Aims Individuals with schizophrenia, schizoaffective disorder, and bipolar affective disorder have higher rates of cardiometabolic disease and have a reduced life expectancy compared with healthy controls. These mental health conditions are highly heritable and neurodevelopmental copy number variants (CNVs) are known to increase the risk of these disorders. Neurodevelopmental CNVs have also been associated with a range of cardiometabolic disorders. The aim of this research was to examine the relationship between neurodevelopmental CNVs and cardiometabolic disease in individuals with schizophrenia, schizoaffective disorder, and bipolar disorder. Methods Using data from the UK Biobank, a group of individuals with schizophrenia, schizoaffective disorder and bipolar affective disorder was defined (n = 2,611) based on first-occurrence data. CNVs had previously been called using PennCNV and a set of 53 neurodevelopmental loci annotated.

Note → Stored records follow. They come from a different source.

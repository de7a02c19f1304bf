-- ===== src/Sql/Descent.antt =====
-- parser/sql.lalrpop: a recursive descent, which describes the grammar independently of its
-- productions; here, the loops and the expressions. A sequence that the grammar writes by left
-- recursion is a loop.
mod Tests
pub mod Actions
pub mod Loop
pub mod Expressions
pub mod Equivalence
pub mod Queries
pub mod Values
pub mod Tables
pub mod Copies
pub mod Statements
use kui_ba_db.Base.{
  ℕ, zero, suc, List, [], ◌∷◌, ◌++◌, map, Bytes, Bool, true, false, Option, none, some, length,
  ◌==◌, if◌then◌else◌,
}
use kui_ba_db.Base.Int.{ℤ}
use kui_ba_db.Base.Text.{parse_i32, to_ascii_lowercase}
use kui_ba_db.Sql.Syntax.{
  StrVal, in_place, dyn, NumVal, int, float, num, str, Expr, a_const, ResTarget, SelectStmt,
}
use kui_ba_db.Sql.Grammar.{
  Keyword, Token, keyword, lowercase_id, id, decimal, integer, xb, punct, Input, step,
}
use kui_ba_db.Sql.Descent.Actions.{
  unquote, is_add, is_mul, binary_at, unary_at, constant_at, target_at,
}

-- A parser reads an `A` and leaves the input behind it.
abbrev pub Parser : Type 0 → Type 0
Parser A = Input → Option (A × Input)

infixl 5 ◌>>=◌
abbrev pub ◌>>=◌ : {A B : Type 0} → Option A → (A → Option B) → Option B
none >>= f = none
some a >>= f = f a

-- The punctuation mark that stands next, if it is one of the test.
unfoldable pub marked_by : (ℕ → Bool) → Option (Token × Input) → Option (ℕ × Input)
marked_by is (some (punct c, b)) = if is c then some (c, b) else none
marked_by is _ = none

unfoldable pub punctuation : (ℕ → Bool) → Parser ℕ
unfolding marked_by
punctuation is a = marked_by is (step a)

-- Items with marks between them: `join` takes the start, what was read, the mark, the next item and
-- the input behind it. Each round takes a token.
module _ {I A : Type 0} (is : ℕ → Bool) (item : Parser I)
    (join : Input → A → ℕ → I → Input → A) where
  unfoldable pub after_item :
      (A → Input → Option (A × Input)) → Input → A → ℕ → Option (I × Input) → Option (A × Input)
  after_item go a acc o none = none
  after_item go a acc o (some (x, d)) = go (join a acc o x d) d

  unfoldable pub after_mark :
      (A → Input → Option (A × Input)) → Input → A → Input → Option (ℕ × Input) → Option (A × Input)
  unfolding after_item
  after_mark go a acc b none = some (acc, b)
  after_mark go a acc b (some (o, c)) = after_item go a acc o (item c)

  unfoldable pub loop : ℕ → Input → A → Parser A
  unfolding after_mark
  loop zero a acc b = none
  loop (suc k) a acc b = after_mark (loop k a) a acc b (punctuation is b)

  unfoldable pub after_first : (I → A) → Input → Option (I × Input) → Option (A × Input)
  unfolding loop
  after_first start a none = none
  after_first start a (some (x, b)) = loop (suc (length b.rest)) a (start x) b

  unfoldable pub sequence : (I → A) → Parser A
  unfolding after_first
  sequence start a = after_first start a (item a)

unfoldable pub read_integer : Bytes → Option ℤ → NumVal
read_integer s none = float false s
read_integer s (some v) = int v

unfoldable pub expr_with : Parser Expr → Parser Expr
unfolding sequence
expr_with operand = sequence is_add (sequence is_mul operand binary_at (λ x. x)) binary_at (λ x. x)

closed_by : Expr → Option (ℕ × Input) → Option (Expr × Input)
closed_by x none = none
closed_by x (some (o, d)) = some (x, d)

closed : Expr × Input → Option (Expr × Input)
unfolding closed_by
closed (x, c) = closed_by x (punctuation (λ o. o == b')') c)

signed : Input → ℕ → Expr × Input → Expr × Input
signed a o (r, c) = (unary_at a o r c, c)

-- An operand whose tokens begin with the given one; `operand` reads the operands inside it.
unfoldable pub operand_from : Parser Expr → Input → Option (Token × Input) → Option (Expr × Input)
unfolding closed signed expr_with
operand_from operand a none = none
operand_from operand a (some (decimal s, b)) =
    some (a_const (constant_at a (num (float false s)) b), b)
operand_from operand a (some (integer s, b)) =
    some (a_const (constant_at a (num (read_integer s (parse_i32 s))) b), b)
operand_from operand a (some (xb s, b)) =
    some (a_const (constant_at a (str (in_place (unquote s))) b), b)
operand_from operand a (some (punct o, b)) =
    if is_add o
    then (do r ← operand b; some (signed a o r))
    else if o == b'('
    then (do x ← expr_with operand b; closed x)
    else none
operand_from operand a _ = none

unfoldable pub parse_operand : ℕ → Parser Expr
unfolding operand_from
parse_operand zero a = none
parse_operand (suc n) a = operand_from (parse_operand n) a (step a)

-- Each nested operand is behind a token.
unfoldable pub parse_expr : Parser Expr
unfolding expr_with parse_operand
parse_expr a = expr_with (parse_operand (suc (length a.rest))) a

I carried out association analyses between neurodevelopmental CNVs and cardiometabolic disease phenotypes using logistic regression with age and sex as covariates. Results There was a higher frequency of ischaemic heart disease, hypertension, obesity, and type 2 diabetes mellitus in individuals with schizophrenia, schizoaffective disorder and bipolar disorder than in controls. 2.1% of individuals with these mental health conditions carried a neurodevelopmental CNV. Carrying a neurodevelopmental CNV was significantly associated with type 2 diabetes mellitus (OR = 1.94, 95% CI 1.09–3.57, p = 0.025). However, this result did not survive Bonferroni correction for four tests (p value threshold 0.0125). I did not find any mediators of the neurodevelopmental CNV – type 2 diabetes mellitus association (of obesity, hypertension, cognition, smoking and socioeconomic status). Conclusion The relationship between neurodevelopmental CNVs and type 2 diabetes mellitus should be examined in independent samples.